# PROBLEM DETAILS:
Search the data for the word "seen" and copy every line where it occurs.

(DATASET EXCERPTS begins)

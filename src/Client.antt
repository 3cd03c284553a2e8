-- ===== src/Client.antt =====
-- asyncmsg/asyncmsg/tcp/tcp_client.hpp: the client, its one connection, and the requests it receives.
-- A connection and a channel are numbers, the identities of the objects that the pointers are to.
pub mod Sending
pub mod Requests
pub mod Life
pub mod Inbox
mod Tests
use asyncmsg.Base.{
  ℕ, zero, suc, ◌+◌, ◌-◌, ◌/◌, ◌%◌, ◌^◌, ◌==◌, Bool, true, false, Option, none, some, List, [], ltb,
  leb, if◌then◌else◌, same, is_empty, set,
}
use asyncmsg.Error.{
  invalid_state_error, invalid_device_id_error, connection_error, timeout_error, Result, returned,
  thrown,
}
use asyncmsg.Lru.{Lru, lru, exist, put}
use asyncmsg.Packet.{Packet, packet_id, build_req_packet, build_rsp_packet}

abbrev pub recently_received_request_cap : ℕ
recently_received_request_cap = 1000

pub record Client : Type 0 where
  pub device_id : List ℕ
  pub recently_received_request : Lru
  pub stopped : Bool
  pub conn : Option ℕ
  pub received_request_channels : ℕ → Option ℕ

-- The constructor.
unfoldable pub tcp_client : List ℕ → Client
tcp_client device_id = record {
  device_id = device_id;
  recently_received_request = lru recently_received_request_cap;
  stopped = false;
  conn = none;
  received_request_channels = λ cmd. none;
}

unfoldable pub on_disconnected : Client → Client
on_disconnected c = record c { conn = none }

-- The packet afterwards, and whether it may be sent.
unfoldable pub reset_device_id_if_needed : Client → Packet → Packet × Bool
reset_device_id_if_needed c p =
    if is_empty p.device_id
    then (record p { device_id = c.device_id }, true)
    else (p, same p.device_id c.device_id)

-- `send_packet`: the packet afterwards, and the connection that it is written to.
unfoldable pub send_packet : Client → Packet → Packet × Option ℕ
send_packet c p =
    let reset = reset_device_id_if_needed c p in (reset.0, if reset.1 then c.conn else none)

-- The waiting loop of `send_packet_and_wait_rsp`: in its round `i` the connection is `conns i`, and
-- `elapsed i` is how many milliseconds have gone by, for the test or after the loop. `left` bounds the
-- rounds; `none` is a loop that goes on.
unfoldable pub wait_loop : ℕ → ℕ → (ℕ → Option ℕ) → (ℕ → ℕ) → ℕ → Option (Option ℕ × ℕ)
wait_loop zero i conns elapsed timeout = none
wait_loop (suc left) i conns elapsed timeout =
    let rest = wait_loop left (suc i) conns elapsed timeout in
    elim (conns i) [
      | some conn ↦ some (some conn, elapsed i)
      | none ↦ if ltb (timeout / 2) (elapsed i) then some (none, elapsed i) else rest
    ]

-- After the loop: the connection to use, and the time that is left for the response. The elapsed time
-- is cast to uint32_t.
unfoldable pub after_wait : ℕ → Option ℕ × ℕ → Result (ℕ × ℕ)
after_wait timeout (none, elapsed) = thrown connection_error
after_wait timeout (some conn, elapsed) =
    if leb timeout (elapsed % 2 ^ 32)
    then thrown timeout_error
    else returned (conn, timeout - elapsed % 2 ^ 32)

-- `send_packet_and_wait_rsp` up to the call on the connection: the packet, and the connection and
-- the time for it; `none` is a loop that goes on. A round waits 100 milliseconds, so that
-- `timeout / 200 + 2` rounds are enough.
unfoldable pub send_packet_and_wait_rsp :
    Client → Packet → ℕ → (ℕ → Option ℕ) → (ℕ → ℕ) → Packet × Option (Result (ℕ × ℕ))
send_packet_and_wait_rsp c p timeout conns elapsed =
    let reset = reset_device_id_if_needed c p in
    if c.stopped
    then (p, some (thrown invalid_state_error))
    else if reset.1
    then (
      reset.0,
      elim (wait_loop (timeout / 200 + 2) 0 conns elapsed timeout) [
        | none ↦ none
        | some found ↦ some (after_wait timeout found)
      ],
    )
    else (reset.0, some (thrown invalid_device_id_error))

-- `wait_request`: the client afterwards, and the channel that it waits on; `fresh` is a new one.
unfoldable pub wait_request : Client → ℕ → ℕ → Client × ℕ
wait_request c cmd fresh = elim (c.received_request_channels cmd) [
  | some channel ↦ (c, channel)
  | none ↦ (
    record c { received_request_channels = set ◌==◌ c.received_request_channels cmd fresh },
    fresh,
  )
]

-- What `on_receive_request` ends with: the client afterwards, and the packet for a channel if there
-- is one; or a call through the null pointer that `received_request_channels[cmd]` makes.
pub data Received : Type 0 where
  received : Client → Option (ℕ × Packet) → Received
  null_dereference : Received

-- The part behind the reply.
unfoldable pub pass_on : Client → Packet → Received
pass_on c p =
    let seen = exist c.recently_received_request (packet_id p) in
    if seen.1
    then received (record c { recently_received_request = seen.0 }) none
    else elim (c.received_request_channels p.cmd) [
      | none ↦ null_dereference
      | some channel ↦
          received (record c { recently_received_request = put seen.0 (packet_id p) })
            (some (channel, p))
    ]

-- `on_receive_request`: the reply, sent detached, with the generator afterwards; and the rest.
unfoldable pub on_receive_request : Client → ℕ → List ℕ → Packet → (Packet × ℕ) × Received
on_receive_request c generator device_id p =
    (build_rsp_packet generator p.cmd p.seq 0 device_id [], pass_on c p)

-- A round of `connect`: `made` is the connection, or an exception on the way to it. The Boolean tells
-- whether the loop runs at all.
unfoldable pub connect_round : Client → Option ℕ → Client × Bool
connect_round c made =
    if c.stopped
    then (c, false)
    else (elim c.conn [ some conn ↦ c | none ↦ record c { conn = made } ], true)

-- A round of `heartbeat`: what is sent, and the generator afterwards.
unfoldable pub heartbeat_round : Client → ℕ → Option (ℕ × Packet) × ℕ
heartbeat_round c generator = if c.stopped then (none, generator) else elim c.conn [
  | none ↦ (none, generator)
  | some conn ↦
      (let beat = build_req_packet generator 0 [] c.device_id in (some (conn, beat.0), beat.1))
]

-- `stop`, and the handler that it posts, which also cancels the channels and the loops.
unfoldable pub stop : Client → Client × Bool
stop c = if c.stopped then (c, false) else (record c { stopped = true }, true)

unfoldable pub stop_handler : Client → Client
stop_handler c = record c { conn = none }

(DATASET EXCERPTS ends)
(DATASET EXCERPTS begins)

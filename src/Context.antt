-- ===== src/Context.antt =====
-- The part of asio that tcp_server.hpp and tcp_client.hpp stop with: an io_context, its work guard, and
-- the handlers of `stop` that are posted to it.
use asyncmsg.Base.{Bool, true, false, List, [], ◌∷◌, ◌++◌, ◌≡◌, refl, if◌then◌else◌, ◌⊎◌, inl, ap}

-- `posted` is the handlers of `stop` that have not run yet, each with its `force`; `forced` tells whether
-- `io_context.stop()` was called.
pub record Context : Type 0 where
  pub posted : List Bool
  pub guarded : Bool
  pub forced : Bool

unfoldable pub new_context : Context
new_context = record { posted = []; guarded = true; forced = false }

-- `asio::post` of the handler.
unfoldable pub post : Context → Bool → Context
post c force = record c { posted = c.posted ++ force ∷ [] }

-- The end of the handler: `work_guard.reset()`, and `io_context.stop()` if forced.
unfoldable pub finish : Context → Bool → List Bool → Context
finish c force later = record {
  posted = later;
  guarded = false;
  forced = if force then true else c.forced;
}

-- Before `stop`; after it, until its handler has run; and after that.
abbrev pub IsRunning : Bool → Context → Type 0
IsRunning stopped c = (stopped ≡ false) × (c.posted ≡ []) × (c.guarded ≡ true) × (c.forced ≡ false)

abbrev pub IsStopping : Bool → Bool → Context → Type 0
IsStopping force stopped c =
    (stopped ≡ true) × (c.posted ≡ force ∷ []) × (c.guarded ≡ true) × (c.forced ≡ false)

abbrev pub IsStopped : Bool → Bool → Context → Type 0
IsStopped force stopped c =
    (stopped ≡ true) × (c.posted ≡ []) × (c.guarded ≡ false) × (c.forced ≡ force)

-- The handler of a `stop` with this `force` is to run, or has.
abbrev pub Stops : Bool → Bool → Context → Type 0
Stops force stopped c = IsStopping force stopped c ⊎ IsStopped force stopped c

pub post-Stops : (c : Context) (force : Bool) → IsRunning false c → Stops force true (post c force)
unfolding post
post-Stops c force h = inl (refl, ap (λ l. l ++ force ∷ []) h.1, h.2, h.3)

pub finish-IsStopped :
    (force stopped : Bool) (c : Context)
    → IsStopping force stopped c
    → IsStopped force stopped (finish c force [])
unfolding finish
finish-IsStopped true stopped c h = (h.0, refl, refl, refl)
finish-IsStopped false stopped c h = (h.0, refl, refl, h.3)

(DATASET EXCERPTS ends)

# YOUR RESPONSE:
    let seen = exist c.recently_received_request (packet_id p) in
    if seen.1
    then received (record c { recently_received_request = seen.0 }) none
          received (record c { recently_received_request = put seen.0 (packet_id p) })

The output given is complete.